# Ps3 Blue Ray games now running as psn titles



## deathking (Jan 10, 2011)

With the recent release of Geohot's 3.55 custom firmware, it was only a matter of time, before backups would be up and running. News is coming in that a user named Riku.kh3 has accomplished just that. He has managed to run Castlevania: Lords of Shadow from his internal hard drive, while on Geohot's 3.55 Custom Firmware. He achieved this by patching the game's main executable file (EBOOT.BIN) and making the PS3 think it's a PSN game.

Looks like ps3 games can now be signed as psn titles and run off the internal hard drive on geohots firmware

Source :
http://psgroove.com/content.php?635-Castle...W#ixzz1AbBhDGqE


----------



## Dangy (Jan 10, 2011)




----------



## _Chaz_ (Jan 10, 2011)

Great.


----------



## Fellow (Jan 10, 2011)

Dangy said:
			
		

>



I couldn't have posted a better reply, nothing else to say but this.


----------



## ZombiePosessor (Jan 10, 2011)

This is so awesome... Now I just hope something like WBFSManager comes along for PS3 games.


----------



## gifi4 (Jan 10, 2011)

But is this safe? Won't you get banned by Sony or something?


----------



## Dangy (Jan 10, 2011)

ZombiePosessor said:
			
		

> This is so awesome... Now I just hope something like WBFSManager comes along for PS3 games.
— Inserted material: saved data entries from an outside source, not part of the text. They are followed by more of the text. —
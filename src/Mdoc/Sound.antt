-- ===== src/Mdoc/Sound.antt =====
-- What internal/mdocverify/verify.go accepts.
use fikua_lab_idp.Prelude.{
  ℕ, ◌≡◌, subst, ap, ◌∙◌, inl, inr, String, true, Option, some, List, ◌∷◌, arith, Option-cases,
  List-cases,
}
use fikua_lab_idp.Assoc.{Assoc, get}
use fikua_lab_idp.Action.{Result, ok, Result-cases}
use fikua_lab_idp.Fallible.{◌>>=◌, ◌>>◌, wrapped}
use fikua_lab_idp.Mdoc.Cbor.{Value}
use fikua_lab_idp.Mdoc.Cose.{
  Library, CoseSign1, decode_cose_sign1, cose_cert_chain, verify_cose_sign1_attached,
  verify_cose_sign1_detached, sig_structure, is_es256,
}
use fikua_lab_idp.Mdoc.Chain.{validate_cert_chain}
use fikua_lab_idp.Mdoc.Transcript.{tag_encoded_cbor}
use fikua_lab_idp.Mdoc.Verify.{verify_issuer_auth_and_extract_mso, mso_bytes}

module _ {Cert EcKey : Type 0} (lib : Library Cert EcKey) where
  -- An ES256 signature of 64 bytes over the payload, by the key.
  pub record IsSigned (sign1 : CoseSign1) (payload : String) (key : EcKey) : Type 0 where
    pub alg : Value
    pub to_be_signed : String
    pub header : lib.unmarshal_alg sign1.protected ≡ ok (some alg)
    pub es256 : is_es256 alg ≡ true
    pub encodes : lib.marshal (sig_structure lib sign1 payload) ≡ ok to_be_signed
    pub long : lib.byte_length sign1.signature ≡ 64
    pub verifies : lib.ecdsa_verify key (lib.sha256 to_be_signed) sign1.signature ≡ true

  pub detached_sound :
      (sign1 : CoseSign1) (payload : String) (key : EcKey) (u : Unit {0})
      → verify_cose_sign1_detached lib sign1 payload key ≡ ok u
      → IsSigned sign1 payload key
  unfolding verify_cose_sign1_detached
  detached_sound sign1 payload key u h = elim (Result-cases (lib.unmarshal_alg sign1.protected)) [
    | inr (x, p) ↦ absurd (ground arith)
    | inl (header, p) ↦ elim (Option-cases header) [
      | inl q ↦ absurd (ground arith)
      | inr (alg, q) ↦ elim (Result-cases (lib.marshal (sig_structure lib sign1 payload))) [
        | inr (x, m) ↦ absurd (ground arith)
        | inl (to_be_signed, m) ↦ record {
          alg = alg;
          to_be_signed = to_be_signed;
          header = p ∙ ap ok q;
          es256 = ground arith;
          encodes = m;
          long = ground arith;
          verifies = ground arith;
        }
      ]
    ]
  ]

  -- The MSO is the content of `issuerAuth`, signed by the key of the first certificate of a chain
  -- that holds.
  pub record IsIssued (now : ℕ) (trust_anchor : Option Cert) (issuer_signed mso : Assoc Value)
      : Type 0 where
    pub issuer_auth : Value
    pub sign1 : CoseSign1
    pub leaf : Cert
    pub rest : List Cert
    pub key : EcKey
    pub payload : String
    pub content : Value
    pub inner : String
    pub given : get "issuerAuth" issuer_signed ≡ some issuer_auth
    pub decodes : decode_cose_sign1 lib issuer_auth ≡ ok sign1
    pub chain : cose_cert_chain lib sign1 ≡ ok (leaf ∷ rest)
    pub leaf_key : lib.ec_key leaf ≡ ok key
    pub carries : lib.unmarshal_bytes sign1.payload ≡ ok payload
    pub signed : IsSigned sign1 payload key
    pub trusted : validate_cert_chain lib now trust_anchor (leaf ∷ rest) ≡ ok tt
    pub tagged : lib.unmarshal_tag payload ≡ ok (tag_encoded_cbor, content)
    pub holds : mso_bytes lib (tag_encoded_cbor, content) ≡ ok inner
    pub reads : lib.unmarshal_map inner ≡ ok mso

  attached_sound :
      (sign1 : CoseSign1) (payload : String) (key : EcKey)
      → verify_cose_sign1_attached lib sign1 key ≡ ok payload
      → (lib.unmarshal_bytes sign1.payload ≡ ok payload) × IsSigned sign1 payload key
  unfolding verify_cose_sign1_attached
  attached_sound sign1 payload key h = elim (Result-cases (lib.unmarshal_bytes sign1.payload)) [
    | inr (x, p) ↦ absurd (ground arith)
    | inl (bytes, p) ↦ elim (Result-cases (verify_cose_sign1_detached lib sign1 bytes key)) [
      | inr (x, v) ↦ absurd (ground arith)
      | inl (u, v) ↦
          let same : bytes ≡ payload = ground arith in
          (
            p ∙ ap ok same,
            subst (λ b. IsSigned sign1 b key) same (detached_sound sign1 bytes key u v),
          )
    ]
  ]

  -- What is checked once the leaf's key is known.
  abbrev rest_of_issuer :
      ℕ → Option Cert → CoseSign1 → List Cert → EcKey → Result String (Assoc Value)
  rest_of_issuer now trust_anchor sign1 chain key = do
    payload ← wrapped "issuerAuth signature is invalid: " (verify_cose_sign1_attached lib sign1 key)
    wrapped "issuer certificate chain invalid: " (validate_cert_chain lib now trust_anchor chain)
    tagged ← wrapped "MSO payload is not a tagged CBOR item: " (lib.unmarshal_tag payload)
    inner ← mso_bytes lib tagged
    wrapped "malformed MobileSecurityObject: " (lib.unmarshal_map inner)

  record IsRest (now : ℕ) (trust_anchor : Option Cert) (sign1 : CoseSign1) (chain : List Cert)
      (key : EcKey) (mso : Assoc Value) : Type 0 where
    payload : String
    content : Value
    inner : String
    carries : lib.unmarshal_bytes sign1.payload ≡ ok payload
    signed : IsSigned sign1 payload key
    trusted : validate_cert_chain lib now trust_anchor chain ≡ ok tt
    tagged : lib.unmarshal_tag payload ≡ ok (tag_encoded_cbor, content)
    holds : mso_bytes lib (tag_encoded_cbor, content) ≡ ok inner
    reads : lib.unmarshal_map inner ≡ ok mso

  IsRest-sound :
      (now : ℕ) (trust_anchor : Option Cert) (sign1 : CoseSign1) (chain : List Cert) (key : EcKey)
      (mso : Assoc Value)
      → rest_of_issuer now trust_anchor sign1 chain key ≡ ok mso
      → IsRest now trust_anchor sign1 chain key mso
  IsRest-sound now trust_anchor sign1 chain key mso h =
      elim (Result-cases (verify_cose_sign1_attached lib sign1 key)) [
        | inr (x, v) ↦ absurd (ground arith)
        | inl (payload, v) ↦ elim (Result-cases (validate_cert_chain lib now trust_anchor chain)) [
          | inr (x, t) ↦ absurd (ground arith)
          | inl (u, t) ↦ elim (Result-cases (lib.unmarshal_tag payload)) [
            | inr (x, g) ↦ absurd (ground arith)
            | inl ((number, content), g) ↦
                let is_24 : number ≡ tag_encoded_cbor = ground arith in
                elim (Result-cases (mso_bytes lib (number, content))) [
                  | inr (x, b) ↦ absurd (ground arith)
                  | inl (inner, b) ↦
                      let signed = attached_sound sign1 payload key v in
                      record {
                        payload = payload;
                        content = content;
                        inner = inner;
                        carries = signed.0;
                        signed = signed.1;
                        trusted = t;
                        tagged = g ∙ ap (λ n. ok (n, content)) is_24;
                        holds = subst (λ n. mso_bytes lib (n, content) ≡ ok inner) is_24 b;
                        reads = ground arith;
                      }
                ]
          ]
        ]
      ]

  pub issuer_sound :
      (now : ℕ) (issuer_signed : Assoc Value) (trust_anchor : Option Cert) (mso : Assoc Value)
      → verify_issuer_auth_and_extract_mso lib now issuer_signed trust_anchor ≡ ok mso
      → IsIssued now trust_anchor issuer_signed mso
  unfolding verify_issuer_auth_and_extract_mso
  issuer_sound now issuer_signed trust_anchor mso h =
      elim (Option-cases (get "issuerAuth" issuer_signed)) [
        | inl g ↦ absurd (ground arith)
        | inr (issuer_auth, g) ↦ elim (Result-cases (decode_cose_sign1 lib issuer_auth)) [
          | inr (x, d) ↦ absurd (ground arith)
          | inl (sign1, d) ↦ elim (Result-cases (cose_cert_chain lib sign1)) [
            | inr (x, c) ↦ absurd (ground arith)
            | inl (chain, c) ↦ elim (List-cases chain) [
              | inl e ↦ absurd (ground arith)
              | inr (leaf, rest, e) ↦ elim (Result-cases (lib.ec_key leaf)) [
                | inr (x, k) ↦ absurd (ground arith)
                | inl (key, k) ↦
                    let r = IsRest-sound now trust_anchor sign1 (leaf ∷ rest) key mso (
                      subst (λ l. rest_of_issuer now trust_anchor sign1 l key ≡ ok mso) e
                        (ground arith)) in
                    record {
                      issuer_auth = issuer_auth;
                      sign1 = sign1;
                      leaf = leaf;
                      rest = rest;
                      key = key;
                      payload = r.payload;
                      content = r.content;
                      inner = r.inner;
                      given = g;
                      decodes = d;
                      chain = c ∙ ap ok e;
                      leaf_key = k;
                      carries = r.carries;
                      signed = r.signed;
                      trusted = r.trusted;
                      tagged = r.tagged;
                      holds = r.holds;
                      reads = r.reads;
                    }
              ]
            ]
          ]
        ]
      ]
Or they could just add games like you do on the PSP. No software junk to worry about.


----------



## deathking (Jan 10, 2011)

when/if this gets working on external hard drives this will be the best and no loaders will be needed


----------



## Joe88 (Jan 10, 2011)

ZombiePosessor said:
			
		

> This is so awesome... Now I just hope something like WBFSManager comes along for PS3 games.


theres no reason

we already had like 50 backup managers, someone just needs to find a way to integrate the payload into the bm or firmware


----------



## ZombiePosessor (Jan 10, 2011)

Joe88 said:
			
		

> ZombiePosessor said:
> 
> 
> 
> ...



Well, I have a shitload of PS3 ISOs sitting on my hard drive, and I don't have FTP means into a router. So having something that would trim the ISO down and then add it to the PS3 would be cool, like YACC or something. Or even just be able to load the EBOOT.BIN from the XMB like you do in PSP


----------



## BORTZ (Jan 10, 2011)

That is so effing awesome. We can now put those 250 gb harddrives to good use


----------



## cwstjdenobs (Jan 10, 2011)

Why the need for GeoHots MFW if we have the keys?


----------



## Rydian (Jan 10, 2011)

gifi4 said:
			
		

> But is this safe? Won't you get banned by Sony or something?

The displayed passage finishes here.